The RAN enables network slice deployment by aligning with core network configurations for end-to-end interconnection. It ensures SLA compliance and user experience through effective radio resource management and admission control tailored to the needs of each network slice, supporting diverse service requirements like eMBB, URLLC, and mMTC.
RAN Network Slicing Implementation
During deployment, network slices are associated with tracking areas and NG interfaces to ensure the RAN is aware of the slices configured on the core network.
The gNodeB maps network slices to cells via tracking areas and routes data to the AMF or UPF through the NG interface. VLAN IDs are used to isolate network slice data within the transport network, ensuring separate transmission channels and maintaining service isolation and SLA compliance across slices.
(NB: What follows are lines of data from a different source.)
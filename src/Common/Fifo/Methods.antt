-- ===== src/Common/Fifo/Methods.antt =====
-- push(), pop(), front() and the counts of a FIFO with no other thread at work.
use native.Mathlib.Decide.{dec_lt}
use flp_prototype.Base.{
  ℕ, suc, ◌+◌, ◌-◌, ◌%◌, ◌^◌, ◌<◌, ◌≡◌, ◌≢◌, ◌↔◌, ◌⊎◌, inl, inr, refl, sym, ◌∙◌, ap, arith, true,
  List, [], ◌∷◌, ◌++◌, done, undefined, length, length-set, set,
}
use flp_prototype.Base.Int.{pos, negsuc}
use flp_prototype.Common.Fifo.{
  Fifo, next_index, is_empty, is_full, push, pop, front, get_number_of_free_slots,
  get_number_of_used_slots, clear,
}
use flp_prototype.Common.Fifo.Places.{
  place, next_index-le, place-next_index, place-zero, place-one, place-ne, place-mod,
}
use flp_prototype.Common.Fifo.Contents.{
  IsFifo, Holds-set, after_push, push_run, push_full, after_push-IsFifo,
}

-- What push() does with a FIFO of these items.
abbrev pub Appends : {A : Type 0} → Fifo A → List A → A → Type 0
Appends f xs a =
    ((length xs ≡ f.size) × (push a f ≡ done (negsuc 0) f))
    ⊎ ((g : Fifo _) × (push a f ≡ done (pos 0) g)
        × IsFifo g (xs ++ a ∷ [])
        × (g.size ≡ f.size)
        × (g.n_in ≡ (f.n_in + 1) % 2 ^ 64)
        × (g.n_out ≡ f.n_out))

-- push() on a FIFO: with as many items as its size it returns -1 and changes nothing; otherwise it
-- returns 0, the item stands behind the others, and it is counted, modulo 2 ^ 64. No slot out of the
-- vector is written.
pub fifo_push_lem : {A : Type 0} (f : Fifo A) (xs : List A) (a : A) → IsFifo f xs → Appends f xs a
fifo_push_lem f xs a v = elim (dec_lt (length xs) f.size) [
  | yes room ↦ inr (
    after_push f xs v a,
    push_run f xs v a room,
    after_push-IsFifo f xs v a room,
    refl,
    refl,
    refl,
  )
  | no full ↦ inl (omega (arith, v.room), push_full f xs v a (omega (arith, v.room)))
]

module _ {A : Type 0} (nothing : A) (f : Fifo A) where
  -- The FIFO without its first item.
  abbrev after_pop : Fifo A
  after_pop = record f {
    slots = set f.slots (next_index f.size f.index_start) nothing;
    index_start = next_index f.size f.index_start;
    n_out = (f.n_out + 1) % 2 ^ 64;
  }

  after_pop-IsFifo : (x : A) (xs : List A) → IsFifo f (x ∷ xs) → IsFifo after_pop xs
  after_pop-IsFifo x xs v = record {
    slots_lem = length-set f.slots (next_index f.size f.index_start) nothing ∙ v.slots_lem;
    start_le = next_index-le f.size f.index_start;
    room = omega (arith, v.room);
    end_lem =
        v.end_lem
        ∙ ap (place f.size f.index_start)
            (let e : suc (length xs) ≡ length xs + 1 = omega arith in e)
        ∙ sym
            (place-next_index f.size f.index_start (length xs) v.start_le (omega (arith, v.room)));
    holds =
        Holds-set f.size (next_index f.size f.index_start) (next_index f.size f.index_start) f.slots
          xs nothing away (next_index-le f.size f.index_start) (omega (arith, v.room)) v.holds.1;
  }
    where
      away :
          (n : ℕ)
          → n < length xs
          → place f.size (next_index f.size f.index_start) (n + 1) ≢ next_index f.size f.index_start
      away n k e =
          place-ne f.size (next_index f.size f.index_start) 0 (n + 1)
            (next_index-le f.size f.index_start) (omega arith) (omega (arith, v.room))
            (place-zero f.size (next_index f.size f.index_start)
                (next_index-le f.size f.index_start)
              ∙ sym e)

  pop_run :
      (item x : A) (xs : List A)
      → IsFifo f (x ∷ xs)
      → pop nothing item f ≡ done (pos 0, x) after_pop
  unfolding pop
  pop_run item x xs v = ground (
    arith,
    v.slots_lem,
    v.end_lem,
    v.start_le,
    v.holds.0,
    next_index-le f.size f.index_start,
    place-zero f.size f.index_start v.start_le,
    place-ne f.size f.index_start 0 (suc (length xs)) v.start_le (omega arith) v.room,
  )

  pop_empty : (item : A) → IsFifo f [] → pop nothing item f ≡ done (negsuc 0, item) f
  unfolding pop
  pop_empty item v =
      ground (arith, v.end_lem, v.start_le, place-zero f.size f.index_start v.start_le)

-- What pop() does with a FIFO of these items.
abbrev pub TakesFirst : {A : Type 0} → A → A → Fifo A → List A → Type 0
TakesFirst nothing item f [] = pop nothing item f ≡ done (negsuc 0, item) f
TakesFirst nothing item f (x ∷ xs) =
    (g : Fifo _) × (pop nothing item f ≡ done (pos 0, x) g)
    × IsFifo g xs
    × (g.size ≡ f.size)
    × (g.n_out ≡ (f.n_out + 1) % 2 ^ 64)
    × (g.n_in ≡ f.n_in)

-- pop() on a FIFO: with no item it returns -1 and changes nothing; otherwise it returns 0 and gives the
-- first item, the others stay, and it is counted, modulo 2 ^ 64.
pub fifo_pop_lem :
    {A : Type 0} (nothing item : A) (f : Fifo A) (xs : List A)
    → IsFifo f xs
    → TakesFirst nothing item f xs
fifo_pop_lem nothing item f [] v = pop_empty nothing f item v
fifo_pop_lem nothing item f (x ∷ xs) v = (
  after_pop nothing f,
  pop_run nothing f item x xs v,
  after_pop-IsFifo nothing f x xs v,
  refl,
  refl,
  refl,
)

-- What front() gives, and the counts.
abbrev pub Shows : {A : Type 0} → A → Fifo A → List A → Type 0
Shows item f [] = front item f ≡ done (negsuc 0, item) f
Shows item f (x ∷ xs) = front item f ≡ done (pos 0, x) f

-- front() gives the first item of a FIFO and leaves it there, or returns -1 if there is none.
pub fifo_front_lem :
    {A : Type 0} (item : A) (f : Fifo A) (xs : List A) → IsFifo f xs → Shows item f xs
unfolding front
fifo_front_lem item f [] v =
    ground (arith, v.end_lem, v.start_le, place-zero f.size f.index_start v.start_le)
fifo_front_lem item f (x ∷ xs) v = ground (
  arith,
  v.end_lem,
  v.start_le,
  v.holds.0,
  place-mod f.size f.index_start v.start_le,
  place-one f.size f.index_start v.start_le,
  place-zero f.size f.index_start v.start_le,
  place-ne f.size f.index_start 0 (suc (length xs)) v.start_le (omega arith) v.room,
)

-- The counts of a FIFO are those of its items: it is empty exactly with none, full exactly with as
-- many as its size, and the used and the free slots are as many as the items and as the rest of its
-- size.
pub fifo_counts_lem :
    {A : Type 0} (f : Fifo A) (xs : List A)
    → IsFifo f xs
    → ((is_empty f ≡ true) ↔ (length xs ≡ 0))
      × ((is_full f ≡ true) ↔ (length xs ≡ f.size))
      × (get_number_of_used_slots f ≡ pos (length xs))
      × (get_number_of_free_slots f ≡ pos (f.size - length xs))
unfolding is_empty is_full get_number_of_used_slots
fifo_counts_lem f xs v = (
  (
    λ e. ground (arith, v.end_lem, v.start_le, v.room),
    λ e. ground (arith, v.end_lem, v.start_le, v.room),
  ),
  (
    λ e. ground (arith, v.end_lem, v.start_le, v.room),
    λ e. ground (arith, v.end_lem, v.start_le, v.room),
  ),
  ground (arith, v.end_lem, v.start_le, v.room),
  ground (arith, v.end_lem, v.start_le, v.room),
)

-- clear() takes the slots away with their contents: whatever the FIFO held, it is empty then, and a
-- push() into it, of a FIFO of some size, writes out of the vector.
pub fifo_clear_lem :
    {A : Type 0} (f : Fifo A) (a : A)
    → 0 < f.size
    → (is_empty (clear f) ≡ true) × (push a (clear f) ≡ undefined)
unfolding clear is_empty push next_index
fifo_clear_lem f a h = (refl, ground arith)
During network slice deployment, a default AMF and UPF are essential to handle UEs without explicit slice identifiers (S-NSSAI or Temp ID). The default AMF manages such UEs by ensuring access to the network, while the default UPF guarantees proper service availability for these UEs. This setup ensures seamless operation and fallback mechanisms, supporting a robust network slicing infrastructure.
The gNodeB selects a default AMF in some scenarios. How is an AMF selected in other scenarios?
The selection of an AMF for a network slice UE depends on the presence of S-NSSAI or Temp ID in the UE’s Msg5 during the initial network access. If the S-NSSAI is reported, the gNodeB uses it to determine the appropriate AMF. If only a Temp ID is provided, the gNodeB retrieves the associated slice information for AMF selection. In cases where neither is provided, the default AMF is used, ensuring the UE can still connect and access services reliably.
AMF selection:
| Temp ID | S-NSSAI Supported by the gNodeB | AMF Selection |
|---|---|---|
| Not present or invalid. | Present. | The gNodeB selects the AMF corresponding to the NG interface associated with the network slice. |
| Present and valid. | Present or not present. | The gNodeB selects the AMF associated with the Temp ID. |
| Not present or invalid. | Not present or invalid. | The gNodeB selects a default AMF associated with an NG interface configured on the network. |
How is the RAN made aware of the network slices configured on the core network side after network slices are deployed on the RAN side?
In the network slicing process, the UE sends an NAS message with S-NSSAI information to the gNodeB, which forwards it to the core network. The core network checks if it supports the requested slices. If supported, it requests a PDU session via a PDU SESSION RESOURCE SETUP REQUEST. The gNodeB verifies if it can support the slice, then responds with either a success or failure message, indicating the status of the PDU session establishment based on slice compatibility.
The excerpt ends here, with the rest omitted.